Corpus B: Dark, low-centroid sounds (e.g., bass clarinet, cello).
Settings: Symmetric KL, Balanced preset. Morph by mixing reference histograms: to interpolate, create a custom target distribution: 0.5×P_A + 0.5×P_B (requires manual histogram combination).
Result: Output sounds like a timbral cross-fade between the two extremes.

Troubleshooting:
Output sounds static / repetitive: If Corpus B has few distinct grains (small folder or short files), the algorithm will reuse grains. Increase Max_files_per_corpus or use larger Corpus B.
KL barely decreases: If P and Q are already similar from the start, or if Corpus B cannot match P's distribution (e.g., Corpus B has no high-centroid sounds but P has high centroid mass). Check the visualisation histogram.
Output clicks at grain boundaries: Increase Crossfade (e.g., 0.02–0.05 s). Ensure overlap ratio > 1:1.
Processing is slow: Reduce candidate_pool (20–30), reduce histogram_bins (16–24), or use Coarse preset. Also reduce nBins for faster histogram updates.
Corpus B has many files, but script uses only a few: Check Max_files_per_corpus — 0 = no limit. Also ensure files are longer than frame_length + hop_size (short files are skipped).

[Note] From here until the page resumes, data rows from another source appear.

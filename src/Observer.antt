-- ===== src/Observer.antt =====
-- certificate_observer.go, `Observe`: the loads of one handshake, paired by issuer.
pub mod Bounds
pub mod Evidence
pub mod Certificate
pub mod PrivateKey
use caddy_storage_redis.Prelude.{
  ℕ, ◌+◌, Bytes, List, [], ◌∷◌, ◌++◌, Bool, true, false, not, ◌&&◌, ◌||◌, Option, none, some,
  if◌then◌else◌, equal, is_empty, codes, length, ltb, leb,
}
use caddy_storage_redis.Go.Strings.{slash, split, trim_prefix}
use caddy_storage_redis.Dict.{find, put}
use caddy_storage_redis.Health.{MismatchCandidate, valid_health_hostname, valid_health_issuer}

-- `observedPair`
pub record ObservedPair : Type 0 where
  pub cert_seen : Bool
  pub key_seen : Bool
  pub done : Bool
  pub leaf : Bytes
  pub cert : Bytes
  pub key : Bytes

-- `certificateObserver`; a sink that is nil, or none
pub record CertificateObserver : Type 0 where
  pub hostname : Bytes
  pub has_sink : Bool
  pub pairs : List (Bytes × ObservedPair)
  pub reads : ℕ

-- `newCertificateObserver`
abbrev pub new_certificate_observer : Bytes → Bool → CertificateObserver
new_certificate_observer hostname has_sink = record {
  hostname = hostname;
  has_sink = has_sink;
  pairs = [];
  reads = 0;
}

abbrev pub new_pair : ObservedPair
new_pair = record {
  cert_seen = false;
  key_seen = false;
  done = false;
  leaf = [];
  cert = [];
  key = [];
}

-- `certificateFingerprints` and `privateKeyFingerprint`
pub record Fingerprints : Type 0 where
  pub of_certificate : Bytes → Bytes → Bytes × Bytes
  pub of_private_key : Bytes → Bytes

pub data Kind : Type 0 where
  crt key : Kind

-- The kind of a name in the directory of the host.
unfoldable pub kind_of : Bytes → Bytes → Option Kind
kind_of hostname name =
    let ext = trim_prefix name hostname in
    if not (equal name (hostname ++ ext))
    then none
    else if equal ext (codes ".crt")
    then some crt
    else if equal ext (codes ".key")
    then some key
    else none

-- The issuer and the kind that a storage key of the host names, if it is one.
unfoldable pub read_of : Bytes → List Bytes → Option (Bytes × Kind)
unfolding kind_of
read_of hostname (root ∷ issuer ∷ host ∷ name ∷ []) =
    if equal root (codes "certificates") && valid_health_issuer issuer && equal host hostname
    then (elim (kind_of hostname name) [ none ↦ none | some k ↦ some (issuer, k) ])
    else none
read_of hostname _ = none

-- The paths of the two files that were read.
abbrev pub base_of : Bytes → Bytes → Bytes
base_of hostname issuer =
    codes "certificates/" ++ (issuer ++ (slash ∷ (hostname ++ (slash ∷ hostname))))

abbrev pub candidate_of : Bytes → Bytes → ObservedPair → MismatchCandidate
candidate_of hostname issuer p = record {
  hostname = hostname;
  issuer_key = issuer;
  certificate_path = base_of hostname issuer ++ codes ".crt";
  key_path = base_of hostname issuer ++ codes ".key";
  leaf_sha256 = p.leaf;
  certificate_spki_sha256 = p.cert;
  key_spki_sha256 = p.key;
}

module _ (F : Fingerprints) where
  -- One file of a pair; `none` if it has been seen.
  unfoldable pub see : Bytes → Kind → Bytes → ObservedPair → Option ObservedPair
  see hostname crt plaintext p =
      if p.cert_seen
      then none
      else let (leaf, cert) = F.of_certificate plaintext hostname in
        some (record p { cert_seen = true; leaf = leaf; cert = cert })
  see hostname key plaintext p =
      if p.key_seen
      then none
      else some (record p { key_seen = true; key = F.of_private_key plaintext })

  -- What is done with a pair after a file has been seen.
  unfoldable pub complete : Bytes → Bytes → ObservedPair → ObservedPair × Option MismatchCandidate
  complete hostname issuer p = if not p.cert_seen || not p.key_seen then (p, none) else (
    record p { done = true },
    if is_empty p.cert || is_empty p.key || equal p.cert p.key
        then none
        else some (candidate_of hostname issuer p),
  )

  update_pair :
      Bytes → Bytes → Kind → Bytes → ObservedPair → ObservedPair × Option MismatchCandidate
  unfolding see complete
  update_pair hostname issuer k plaintext p =
      if p.done then (p, none) else elim (see hostname k plaintext p) [
        | none ↦ (p, none)
        | some q ↦ complete hostname issuer q
      ]

  -- The pair of the issuer, a new one while there are fewer than four.
  abbrev pub pair_for : CertificateObserver → Bytes → Option ObservedPair
  pair_for o issuer = elim (find issuer o.pairs) [
    | some p ↦ some p
    | none ↦ if leb 4 (length o.pairs) then none else some new_pair
  ]

  -- What follows once a key is one of the host's, under the lock.
  unfoldable pub count_read :
      CertificateObserver → Bytes → Kind → Bytes → CertificateObserver × Option MismatchCandidate
  unfolding update_pair find put
  count_read o issuer k plaintext =
      if leb 16 o.reads
      then (o, none)
      else let counted = record o { reads = o.reads + 1 } in
        elim (pair_for counted issuer) [
          | none ↦ (counted, none)
          | some p ↦
              let (q, found) = update_pair o.hostname issuer k plaintext p in
              (record counted { pairs = put issuer q o.pairs }, found)
        ]

  -- `Observe`, with the candidate that is handed to the sink
  unfoldable pub observe :
      CertificateObserver → Bytes → Bytes → CertificateObserver × Option MismatchCandidate
  unfolding read_of count_read split
  observe o storage_key plaintext =
      if not o.has_sink || not (valid_health_hostname o.hostname)
      then (o, none)
      else elim (read_of o.hostname (split slash storage_key)) [
        | none ↦ (o, none)
        | some (issuer, k) ↦ count_read o issuer k plaintext
      ]

  -- `observeCertificateLoad`, with the observer of the context, if there is one
  unfoldable pub observe_certificate_load :
      Option CertificateObserver
      → Bytes
      → Bytes
      → Option CertificateObserver × Option MismatchCandidate
  unfolding observe
  observe_certificate_load none storage_key value = (none, none)
  observe_certificate_load (some o) storage_key value =
      let (after, found) = observe o storage_key value in (some after, found)

  -- The loads of a handshake, in their order.
  unfoldable pub observe_all :
      CertificateObserver → List (Bytes × Bytes) → CertificateObserver × List MismatchCandidate
  unfolding observe
  observe_all o [] = (o, [])
  observe_all o ((storage_key, plaintext) ∷ loads) =
      let (after, found) = observe o storage_key plaintext in
      let (end, more) = observe_all after loads in
      (end, elim found [ none ↦ more | some c ↦ c ∷ more ])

Visualisation: P vs. Q histograms

When Draw_visualization is enabled, the script displays:
  • Title bar — preset name and displayed feature dimension
  • Histogram panel — light blue bars = reference distribution P (Corpus A), red bars = achieved distribution Q (output mosaic).
  • Legend — KL mode, bin count, initial and final KL values.
The histogram shows how well the greedy selection matched the target distribution. If red bars poorly match blue bars, try increasing candidate_pool or histogram_bins, or switch KL mode.
Grain boundary overlap: The script places grains at intervals of frame_length - crossfade. If crossfade is large (e.g., frame_length/2), grains overlap significantly, producing smooth transitions. Overlap ratio presets (1:2, 1:4, 1:8) control how many grains overlap — higher overlap = smoother, more blurring.